Likewise, there could be different examples of algorithms for performing the sequential matching. In some non-limiting examples, the sequential matching is performed using a 3D reconstruction algorithm with sequential, or incremental, pose tracking, such as a simultaneous localization and mapping (SLAM) algorithm. One examples of a SLAM algorithm is provided in the pater by Carlos Campos, Richard Elvira, Juan J. Gómez Rodríguez, José M. M. Montiel and Juan D. Tardós entitled “ORB-SLAM3: An Accurate Open-Source Library for Visual, Visual-Inertial and Multi-Map SLAM”, published in IEEE Transactions on Robotics 37(6):1874-1890, December 2021.

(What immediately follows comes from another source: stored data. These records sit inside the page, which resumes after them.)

-- ===== src/Daemon/Imm.antt =====
-- daemon/rdma.hpp (and driver/rdma.h, the same text): the 32 bits of immediate data of a message,
-- 12 of message number, 4 of message type, 4 of transaction state, 4 of flags, 8 of checksum, and
-- the places of a queue's metadata in the region that the peers share.
use cleancache_rdma.Prelude.{
  ℕ, ◌+◌, ◌-◌, ◌*◌, ◌/◌, ◌%◌, ◌^◌, ◌<◌, ◌≡◌, bit_and, bit_or, ◌==◌, if◌then◌else◌, arith,
}
use cleancache_rdma.Prelude.Fields.{bit_or-sum, bit_and-mask}

-- enum msg_type
abbrev pub msg_write : ℕ
msg_write = 3

abbrev pub msg_write_reply : ℕ
msg_write_reply = 4

abbrev pub msg_read : ℕ
msg_read = 7

abbrev pub msg_read_reply : ℕ
msg_read_reply = 8

abbrev pub msg_inv_page : ℕ
msg_inv_page = 9

abbrev pub msg_inv_page_reply : ℕ
msg_inv_page_reply = 10

-- enum tx_state
abbrev pub tx_write_committed : ℕ
tx_write_committed = 3

abbrev pub tx_read_committed : ℕ
tx_read_committed = 7

abbrev pub tx_read_aborted : ℕ
tx_read_aborted = 8

abbrev pub tx_inv_page_commited : ℕ
tx_inv_page_commited = 10

abbrev pub tx_inv_page_aborted : ℕ
tx_inv_page_aborted = 11

-- `(uint32_t) x << k`
abbrev pub shift_32 : ℕ → ℕ → ℕ
shift_32 x k = x % 2 ^ 32 * 2 ^ k % 2 ^ 32

unfoldable pub bit_mask : ℕ → ℕ → ℕ → ℕ → ℕ → ℕ
bit_mask mid msg tx etc crc =
    bit_or
      (bit_or (bit_or (bit_or (shift_32 mid 20) (shift_32 msg 16)) (shift_32 tx 12))
        (shift_32 etc 8))
      (crc % 2 ^ 32)

pub record ImmFields : Type 0 where
  pub mid : ℕ
  pub msg : ℕ
  pub tx : ℕ
  pub etc : ℕ
  pub crc : ℕ

-- The null arguments for `etc` and `crc` leave those fields unread.
unfoldable pub bit_unmask : ℕ → ImmFields
bit_unmask target = record {
  mid = bit_and (target / 2 ^ 20) (2 ^ 12 - 1);
  msg = bit_and (target / 2 ^ 16) (2 ^ 4 - 1);
  tx = bit_and (target / 2 ^ 12) (2 ^ 4 - 1);
  etc = bit_and (target / 2 ^ 8) (2 ^ 4 - 1);
  crc = bit_and target (2 ^ 8 - 1);
}

-- every field within its width
pub record FitsImm (f : ImmFields) : Type 0 where
  pub mid_fits : f.mid < 2 ^ 12
  pub msg_fits : f.msg < 2 ^ 4
  pub tx_fits : f.tx < 2 ^ 4
  pub etc_fits : f.etc < 2 ^ 4
  pub crc_fits : f.crc < 2 ^ 8

pub bit_mask-sum :
    (f : ImmFields)
    → FitsImm f
    → bit_mask f.mid f.msg f.tx f.etc f.crc
      ≡ f.mid * 2 ^ 20 + f.msg * 2 ^ 16 + f.tx * 2 ^ 12 + f.etc * 2 ^ 8 + f.crc
unfolding bit_mask
bit_mask-sum f h =
    let a = f.mid * 2 ^ 20 in
    let b = f.msg * 2 ^ 16 in
    let c = f.tx * 2 ^ 12 in
    let d = f.etc * 2 ^ 8 in
    let a_fits : shift_32 f.mid 20 ≡ a = omega arith in
    let b_fits : shift_32 f.msg 16 ≡ b = omega arith in
    let c_fits : shift_32 f.tx 12 ≡ c = omega arith in
    let d_fits : shift_32 f.etc 8 ≡ d = omega arith in
    let crc_fits : f.crc % 2 ^ 32 ≡ f.crc = omega arith in
    rw
      (
        a_fits,
        b_fits,
        c_fits,
        d_fits,
        crc_fits,
        bit_or-sum 20 a b (omega arith) (omega arith),
        bit_or-sum 16 (a + b) c (omega arith) (omega arith),
        bit_or-sum 12 (a + b + c) d (omega arith) (omega arith),
      )
      (bit_or-sum 8 (a + b + c + d) f.crc (omega arith) (omega arith))

-- `bit_unmask` gives back the fields that `bit_mask` was given, each within its width.
pub bit_unmask-bit_mask :
    (f : ImmFields) → FitsImm f → bit_unmask (bit_mask f.mid f.msg f.tx f.etc f.crc) ≡ f
unfolding bit_unmask
bit_unmask-bit_mask f h =
    let w = bit_mask f.mid f.msg f.tx f.etc f.crc in
    ground (
      arith,
      bit_mask-sum f h,
      bit_and-mask 12 (w / 2 ^ 20),
      bit_and-mask 4 (w / 2 ^ 16),
      bit_and-mask 4 (w / 2 ^ 12),
      bit_and-mask 4 (w / 2 ^ 8),
      bit_and-mask 8 w,
    )

-- struct dcc_rdma_config_t, the part that lays out the metadata
pub record RdmaConfig : Type 0 where
  pub num_data_qps : ℕ
  pub num_msgs : ℕ
  pub get_metadata_size : ℕ
  pub inv_metadata_size : ℕ
  pub metadata_size : ℕ

-- `KEY_META_REGION`, and -1 for another type of message
unfoldable pub key_meta_region : RdmaConfig → ℕ → ℕ → ℕ → ℕ → ℕ
key_meta_region c addr qid mid type =
    if type == msg_read
    then (addr + c.metadata_size * qid) % 2 ^ 64
    else if type == msg_inv_page
    then (addr + c.metadata_size * qid + c.get_metadata_size + mid * 8) % 2 ^ 64
    else 2 ^ 64 - 1

unfoldable pub addr_meta_region : RdmaConfig → ℕ → ℕ → ℕ → ℕ
addr_meta_region c addr qid mid = (key_meta_region c addr qid mid msg_read + 8) % 2 ^ 64
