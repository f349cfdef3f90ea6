-- ===== src/Daemon/CodecTests.antt =====
-- Runs of the codecs of Longkey and Imm, and their theorems at concrete inputs.
use cleancache_rdma.Prelude.{◌+◌, ◌*◌, ◌%◌, ◌^◌, ◌≡◌, refl, Bool, true, arith}
use cleancache_rdma.Daemon.Longkey.{
  make_longkey, longkey_to_cid, longkey_to_inode, longkey_to_offset, longkey_roundtrip,
}
use cleancache_rdma.Daemon.Imm.{
  bit_mask, ImmFields, bit_unmask, FitsImm, bit_unmask-bit_mask, msg_read_reply, tx_read_committed,
}

program : Bool
unfolding make_longkey longkey_to_cid longkey_to_inode longkey_to_offset bit_mask bit_unmask
program = true

-- the offset 7 of an odd inode is not read back
odd_inode : longkey_to_offset (make_longkey 3 5 7) ≡ 2 ^ 28 + 7
unfolding program
odd_inode = refl

longkey_roundtrip_example :
    (longkey_to_cid (make_longkey 3 5 7) ≡ 3)
    × (longkey_to_inode (make_longkey 3 5 7) ≡ 5)
    × (longkey_to_offset (make_longkey 3 5 7) ≡ 5 % 2 * 2 ^ 28 + 7)
longkey_roundtrip_example = longkey_roundtrip 3 5 7 (omega arith) (omega arith) (omega arith)

abbrev reply : ImmFields
reply = record { mid = 9; msg = msg_read_reply; tx = tx_read_committed; etc = 1; crc = 200 }

reply_word : bit_mask 9 msg_read_reply tx_read_committed 1 200 ≡ 9990600
unfolding program
reply_word = refl

reply-FitsImm : FitsImm reply
reply-FitsImm = record {
  mid_fits = omega arith;
  msg_fits = omega arith;
  tx_fits = omega arith;
  etc_fits = omega arith;
  crc_fits = omega arith;
}

bit_unmask-bit_mask_example : bit_unmask (bit_mask 9 msg_read_reply tx_read_committed 1 200) ≡ reply
bit_unmask-bit_mask_example = bit_unmask-bit_mask reply reply-FitsImm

Likewise, there could be different examples of algorithms for performing the densification. In some non-limiting examples, the densification is performed using a depth map fusion algorithm.

Further aspects of determining the reliability values ΨW_k and thus for determining how the dense 3D point cloud Ω_D is to be generated by densification of the sparse 3D point cloud as will be disclosed next.

The technique of determining reliability values Ψ_k and comparing the lowest value of all determined reliability values to a threshold reliability value Θ is used since “ground truth” data, or information, is not available. That is, there not any previous 3D point cloud (sparse or dense) of the scene with which the sparse 3D point cloud ns as generated in S102 can be compared with. By means of the reliability values an indirect assessment of the likelihood of having generated a successful sparse 3D point cloud can be made. As disclosed above, the reliability values are based on estimating how reliable the camera pose values resulting from the sequential matching process are.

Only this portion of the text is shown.